Excerpts from a dataset

-- ===== src/Network/Service/Runs.antt =====
-- src/net/mod.rs: rounds of `poll_swarm`, and what the swarm tells and asks the address book itself
-- while it is polled, in any order.
use ipfs_embed.Prelude.{ℕ, ◌≡◌, sym, subst, Bool, List, [], Option, some}
use ipfs_embed.Multiaddr.{PeerId, PeerIds}
use ipfs_embed.PeerInfo.Failure.{Texts}
use ipfs_embed.AddressBook.State.{AddressRecord, Topic, new}
use ipfs_embed.AddressBook.Swarm.{FromSwarm, on_swarm_event, poll}
use ipfs_embed.AddressBook.Invariant.Steps.{IsRemote, step, new-IsValid}
use ipfs_embed.AddressBook.Invariant.Steps
use ipfs_embed.AddressBook.Invariant.Book.{IsValid}
use ipfs_embed.Network.Queries.{QueryId-discrete}
use ipfs_embed.Prelude.{Distinct}
use ipfs_embed.Network.Service.{Service, NetworkCommand, SwarmEvent, handle, on_event, with_book}
use ipfs_embed.Network.Service.Invariant.{
  IsSound, Sounds, IsRemoteEvent, handle-Sounds, on_event-Sounds, booked,
}

pub data Turn : Type 0 where
  command : NetworkCommand → Turn
  event : SwarmEvent → Turn
  tells : FromSwarm → Turn
  polls : List AddressRecord → Option ℕ → Turn

abbrev pub IsRemoteTurn : PeerId → Turn → Type 0
IsRemoteTurn own (command c) = Unit
IsRemoteTurn own (event e) = IsRemoteEvent own e
IsRemoteTurn own (tells e) = IsRemote own (Steps.on_swarm_event e)
IsRemoteTurn own (polls external due) = Unit

module _ (ids : PeerIds) (t : Texts) (hash : Topic → Topic) (k_value : ℕ) where
  -- `none` is a panic
  unfoldable pub turn : Service → ℕ × Turn → Option Service
  turn s (now, command c) = handle ids t hash k_value s c now
  turn s (now, event e) = on_event ids t hash k_value s e now
  turn s (now, tells e) = some (with_book s (on_swarm_event ids t s.net.behaviour.book e now))
  turn s (now, polls external due) = some (with_book s (poll s.net.behaviour.book external due).0)

  -- The states that a service gets to, from a start with an empty book and no queries.
  pub data Reach (own : PeerId) : Service → Type 0 where
    start :
        (s : Service) (port_reuse loopback keep_alive : Bool)
        → s.net.behaviour.book ≡ new own port_reuse loopback keep_alive
        → s.net.queries.channels ≡ []
        → Reach own s
    next :
        {s s' : Service} (x : ℕ × Turn)
        → Reach own s
        → IsRemoteTurn s.net.behaviour.book.local_peer_id x.1
        → turn s x ≡ some s'
        → Reach own s'

  turn-Sounds :
      (s : Service) (now : ℕ) (x : Turn)
      → IsRemoteTurn s.net.behaviour.book.local_peer_id x
      → IsSound s
      → Sounds (turn s (now, x))
  unfolding turn step
  turn-Sounds s now (command c) r v = handle-Sounds ids t hash k_value s c now v
  turn-Sounds s now (event e) r v = on_event-Sounds ids t hash k_value s e now r v
  turn-Sounds s now (tells e) r v = booked ids t hash k_value s now (Steps.on_swarm_event e) r v
  turn-Sounds s now (polls external due) r v =
      booked ids t hash k_value s now (Steps.poll external due) tt v

  -- However the commands of the users, the events of the protocols and the calls of the swarm
  -- follow each other, as long as nothing panics and the swarm reports no connection of the node
  -- to itself, the address book stays valid and every query's identifier waits for one answer.
  pub Reach-IsSound : {own : PeerId} {s : Service} → Reach own s → IsSound s
  Reach-IsSound {own} (start s p l k e f) = record {
    book = subst IsValid (sym e) (new-IsValid ids t own p l k);
    queries = subst (Distinct QueryId-discrete) (sym f) tt;
  }
  Reach-IsSound (next {s} {s'} (now, x) h r e) =
      subst Sounds e (turn-Sounds s now x r (Reach-IsSound h))
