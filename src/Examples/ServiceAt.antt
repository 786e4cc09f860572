-- ===== src/Examples/ServiceAt.antt =====
-- The invariant of the service, after a few rounds of it.
use ipfs_embed.Prelude.{[], true, false, refl}
use ipfs_embed.AddressBook.State.{Topic, new}
use ipfs_embed.Network.Service.{Service, handle, dial as dial_command}
use ipfs_embed.Network.Service.Invariant.{IsSound}
use ipfs_embed.Network.Service.Runs.{turn, command, start, next, Reach-IsSound}
use ipfs_embed.AddressBook.Dial.{dial}
use ipfs_embed.Examples.Constants.{ids, texts}

abbrev pub named : Topic → Topic
named t = t

abbrev pub started : Service
started = record {
  net = record {
    behaviour = record {
      book = new 1 false true false;
      kad = true;
      gossipsub = true;
      broadcast = true;
      bitswap = true;
      calls = [];
    };
    bootstrap_complete = false;
    queries = record { channels = []; sent = [] };
  };
  subscriptions = [];
  swarm_calls = [];
  replies = [];
}

-- The user asks for a dial of peer 2.
abbrev dialling : Service
dialling = record started {
  net = record (started.net) {
    behaviour = record (started.net.behaviour) { book = dial (new 1 false true false) 2 };
  };
}

Reach-IsSound_example : IsSound dialling
unfolding turn handle
Reach-IsSound_example =
    Reach-IsSound ids texts named 20
      (next (3, command (dial_command 2)) (start started false true false refl refl) tt refl)
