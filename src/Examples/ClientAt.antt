-- ===== src/Examples/ClientAt.antt =====
-- The theorems on the handle of the network, at a node with one connection and one query.
use ipfs_embed.Prelude.{
  [], ◌∷◌, ◌≡◌, refl, some, none, true, false, lookup, ◌==◌, ◌||◌, any, ℕ_discrete,
}
use ipfs_embed.PeerInfo.{empty_info}
use ipfs_embed.PeerInfo.Source.{outbound}
use ipfs_embed.AddressBook.State.{AddressBook, new}
use ipfs_embed.Network.Queries.{QueryId-discrete, bitswap, get}
use ipfs_embed.Network.Service.{Service}
use ipfs_embed.Network.Service
use ipfs_embed.Network.Client.{Commands, drop_get, drop_sync}
use ipfs_embed.Network.Client.Views.{is_connected, connections, to, is_connected-connections}
use ipfs_embed.Network.Client.Cancelling.{after_cancel, run, drop-cancels}
use ipfs_embed.Examples.Constants.{ids, texts, home_addr}
use ipfs_embed.Examples.ServiceAt.{started, named}

-- Peer 2 is connected, peer 3 is known.
abbrev two_peers : AddressBook
two_peers = record (new 1 false true false) {
  peers =
      (2, record empty_info { connections = (home_addr, (5, outbound)) ∷ [] })
      ∷ (3, empty_info)
      ∷ [];
}

is_connected-connections_example :
    is_connected two_peers 2 ≡ (2 == 1 || any (to 2) (connections two_peers))
unfolding lookup ℕ_discrete
is_connected-connections_example = is_connected-connections two_peers 2 (refl, (refl, tt))

-- Query 7 waits for a block when it is dropped, behind a dial.
abbrev fetching : Service
fetching = record started {
  net = record (started.net) { queries = record { channels = (bitswap 7, get 4) ∷ []; sent = [] } };
}

abbrev one_waiting : Commands
one_waiting = record { disconnected = false; full = false; waiting = Service.ban 3 ∷ [] }

abbrev banned : Service
banned = record fetching { swarm_calls = Service.swarm_ban 3 ∷ [] }

drop-cancels_example :
    (run ids texts named 20 (drop_get (bitswap 7) one_waiting).waiting fetching 3
      ≡ some (after_cancel ids texts named 20 banned 7))
    × (run ids texts named 20 (drop_sync (some (bitswap 7)) one_waiting).waiting fetching 3
        ≡ some (after_cancel ids texts named 20 banned 7))
    × (lookup QueryId-discrete
          (bitswap 7)
          (after_cancel ids texts named 20 banned 7).net.queries.channels
        ≡ none)
unfolding run Service.handle
drop-cancels_example =
    drop-cancels ids texts named 20 one_waiting fetching banned 7 3 refl refl refl
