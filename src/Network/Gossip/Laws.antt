-- ===== src/Network/Gossip/Laws.antt =====
-- src/net/behaviour.rs: who gets an event of a topic, and which topics gossipsub is subscribed to.
use ipfs_embed.Prelude.{
  ◌≡◌, ◌==◌, refl, List, [], ◌∷◌, ◌++◌, Option, none, some, arith, lookup-insert, lookup-remove,
  is_empty, if◌then◌else◌, ℕ_discrete, map, retain,
}
use ipfs_embed.Channel.{Channel, broadcast as send_all, broadcast_lem}
use ipfs_embed.AddressBook.State.{Topic}
use ipfs_embed.Network.Gossip.{
  GossipEvent, GossipState, subscribers_of, notify_subscribers, notified,
}

-- Those of a topic's subscribers who are still there, with the event last in their queue; none
-- where nobody is.
abbrev pub delivered :
    GossipEvent → Option (List (Channel GossipEvent)) → Option (List (Channel GossipEvent))
delivered event none = none
delivered event (some subscribers) =
    let live = retain {A = Channel GossipEvent} (λ c. c.open_) subscribers in
    if is_empty live
    then none
    else some (map {A = Channel GossipEvent} (λ c. record c { queue = c.queue ++ event ∷ [] }) live)

is_empty-map {ℓ} : {A B : Type ℓ} (f : A → B) (xs : List A) → is_empty (map f xs) ≡ is_empty xs
is_empty-map f [] = refl
is_empty-map f (x ∷ xs) = refl

-- An event of a topic goes to every subscriber of the topic that is still there, and to no other
-- topic's; a topic that nobody listens to any more is forgotten.
pub notify_subscribers_lem :
    (hash : Topic → Topic) (s : GossipState) (topic u : Topic) (event : GossipEvent)
    → subscribers_of u (notify_subscribers hash s topic event).subscriptions ≡ (
        if topic == u
        then delivered event (subscribers_of topic s.subscriptions)
        else subscribers_of u s.subscriptions)
unfolding notify_subscribers
notify_subscribers_lem hash s topic u event = go (subscribers_of topic s.subscriptions) refl
  where
    enqueue : Channel GossipEvent → Channel GossipEvent
    enqueue c = record c { queue = c.queue ++ event ∷ [] }

    go :
        (o : Option (List (Channel GossipEvent)))
        → subscribers_of topic s.subscriptions ≡ o
        → subscribers_of u (notified hash s topic event o).subscriptions
          ≡ (if topic == u then delivered event o else subscribers_of u s.subscriptions)
    go none e = ground (arith, e)
    go (some subs) e = ground (
      arith,
      broadcast_lem event subs,
      is_empty-map enqueue (retain {A = Channel GossipEvent} (λ c. c.open_) subs),
      lookup-remove ℕ_discrete topic u s.subscriptions,
      lookup-insert ℕ_discrete topic u (send_all event subs) s.subscriptions,
    )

▶ **REQUIRED WORK**: Report each line of the data that includes the string "subscriptions".

▶ **OUTPUT OF THE EXERCISE**:
  subscriptions = [];
    → subscribers_of u (notify_subscribers hash s topic event).subscriptions ≡ (
        then delivered event (subscribers_of topic s.subscriptions)
        else subscribers_of u s.subscriptions)
notify_subscribers_lem hash s topic u event = go (subscribers_of topic s.subscriptions) refl
        → subscribers_of topic s.subscriptions ≡ o
        → subscribers_of u (notified hash s topic event o).subscriptions
          ≡ (if topic == u then delivered event o else subscribers_of u s.subscriptions)
      lookup-remove ℕ_discrete topic u s.subscriptions,
      lookup-insert ℕ_discrete topic u (send_all event subs) s.subscriptions,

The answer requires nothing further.